Retry trigger (both paths), **only when no content has been emitted yet**
(the safety invariant — never duplicate partial output):

- **Emitted** `error` ProviderEvent with `retryable === true` → retry. (429/502/5xx + network fetch errors — all pre-content.)
- **Thrown** error (mid-stream, caught in `executeStep`'s `catch`) → treated as **retryable-by-default when pre-content** (most mid-stream throws are transient network/SSE issues). A thrown error after content is emitted is NOT retried (can't safely).

So "if it's retryable, retry it" = the `retryable` flag drives emitted errors;
thrown errors default to retryable when nothing was streamed yet. Non-retryable
emitted errors (`retryable: false`/absent) end the step as today.

## Architecture — kernel provides the HOOK, shell provides POLICY + I/O

(Constitution: kernel touches no I/O; effects injected; decision pure.)

### Kernel contract (`kernel/src/contracts/runtime.ts`) — add to `RunTurnInput`:
```ts
export interface RetryStrategy {
  /** Pure: attempt → delay ms, or undefined to stop (budget exhausted). */
  readonly delayFor: (attempt: number) => number | undefined;
  /** Injected effect: actually sleep. Kernel imports no timer. Abortable. */
  readonly sleep: (ms: number, signal: AbortSignal) => Promise<void>;
}
export interface RunTurnInput {
  // …existing…
  /** Optional injected retry. Omit = no retry (backward-compatible). */
  readonly retry?: RetryStrategy;
}
```

### Kernel loop (`kernel/src/runtime/run-turn.ts`, `executeStep`):
Wrap stream consumption in a retry loop:
- track `hadContent` (any text/reasoning/tool-call/usage seen);
- on a retryable error (emitted `retryable:true` OR thrown) with `!hadContent`:
  - `delay = retry.delayFor(attempt)`; if `undefined` → give up (emit the
    suppressed error, end step);
  - else emit `providerRetryEvent(attempt, delay, message, code)`, `await
    retry.sleep(delay, signal)`, `attempt++`, re-call `provider.stream()`;
- on abort during sleep → reject, seal turn `aborted` (existing flow).

### Shell wiring (`session-orchestrator/src/orchestrator.ts`):
- Provide the concrete `RetryStrategy`: `delayFor` = the schedule + 8h budget
  above; `sleep` = abortable `setTimeout`-based promise.
- Pass `retry` into the `RunTurnInput` it builds (line 589).

## Build breakdown by unit (execution)

| Unit (owner) | Change |
|---|---|
| `@dispatch/wire` | add `TurnProviderRetryEvent` to `AgentEvent` union |
| `kernel` contracts | add `RetryStrategy` + `retry?` on `RunTurnInput` |
| `kernel` events.ts | `providerRetryEvent(...)` constructor |
| `kernel` run-turn.ts | retry loop in `executeStep` (the core logic) |
| `kernel` run-turn.test.ts | pure tests: fake `sleep` + pure `delayFor`; assert schedule, no-after-content retry, give-up emits error, abort-during-sleep |
| `session-orchestrator` | wire concrete schedule + real `setTimeout` sleep |
| `transport-ws` | if it has an exhaustive `switch(event.type)`, add the `provider-retry` case |
| `transport-http` (mine) | **no change** — `serializeEventLine` is generic `JSON.stringify` |
| frontend (5d3f) | render `provider-retry` as a yellow warning system message |

## Open items
- **8h budget = cumulative scheduled sleep** (pure).
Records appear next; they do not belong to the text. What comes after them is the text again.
-- ===== src/App/Balance.antt =====
-- `NewApp` and `shutdown` of cmd/app/app.go: what is open behind their events.
use exchange_rate_quote_serv.Prelude.{
  Bool, true, false, List, [], ◌∷◌, Option, none, some, ◌≡◌, arith,
}
use exchange_rate_quote_serv.Errors.{Error, Result, ok, err}
use exchange_rate_quote_serv.App.Lifecycle.{
  Resource, Event, opened, closed, http_stopped, worker_stopped, App, Outcomes, nothing, close,
  init_storage, init_services, new_app, shutdown,
}

abbrev is_open : Resource → App → Bool
is_open Resource.asynq_client app = app.asynq_client
is_open Resource.asynq_server app = app.asynq_server
is_open Resource.asynq_mon app = app.asynq_mon
is_open Resource.rdb_asynq app = app.rdb_asynq
is_open Resource.rdb_cache app = app.rdb_cache
is_open Resource.db app = app.db

abbrev put : Resource → Bool → App → App
put Resource.asynq_client b app = record app { asynq_client = b }
put Resource.asynq_server b app = record app { asynq_server = b }
put Resource.asynq_mon b app = record app { asynq_mon = b }
put Resource.rdb_asynq b app = record app { rdb_asynq = b }
put Resource.rdb_cache b app = record app { rdb_cache = b }
put Resource.db b app = record app { db = b }

unfoldable pub replay : App → List Event → Option App
replay app [] = some app
replay app (opened r ∷ es) =
    let rest = replay (put r true app) es in elim (is_open r app) [ true ↦ none | false ↦ rest ]
replay app (closed r ∷ es) =
    let rest = replay (put r false app) es in elim (is_open r app) [ true ↦ rest | false ↦ none ]
replay app (http_stopped ∷ es) = replay app es
replay app (worker_stopped ∷ es) = replay app es

-- Nothing but the connection of the queue's server, where there is one.
abbrev pub only_server : Bool → App
only_server b = record nothing { asynq_server = b }

abbrev all_none : List (Option Error) → Bool
all_none [] = true
all_none (none ∷ es) = all_none es
all_none (some e ∷ es) = false

-- What is open behind `NewApp`: the fields of the application; where it fails in `initStorage`,
-- nothing; and where it fails behind that, the connection of the queue's server.
abbrev pub left : Outcomes → Result App → App
left o (ok app) = app
left o (err e) = only_server (all_none (o.connect ∷ o.migrations ∷ o.ping ∷ []))

-- Whatever fails in `NewApp`, it opens nothing twice and closes only what is open. Where it
-- returns an application, what is open is what the fields of the application say. Where it fails
-- in `initStorage`, nothing is left open, and where it fails behind that, only the connection
-- inside asynq's server is.
pub new_app-replay : (o : Outcomes) → replay nothing (new_app o).1 ≡ some (left o (new_app o).0)
unfolding new_app init_storage init_services close replay
new_app-replay o = ground arith

-- `shutdown` closes each connection of the application once and no other, but that of the queue's
-- server, whatever errors the closing of the others returns.
pub shutdown-replay :
    (o : Outcomes) (app : App) → replay app (shutdown o app).1 ≡ some (only_server app.asynq_server)
unfolding shutdown close replay
shutdown-replay o app = ground arith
Confirm OK vs wall-clock.
- **Thrown errors default retryable-when-pre-content.** Confirm (vs only the
  flagged emitted path).
- **Execution mode:** this spans kernel + wire + orchestrator (outside my
  transport-http unit). Build it directly across units, or dispatch each slice
  to its unit owner via the dispatch CLI?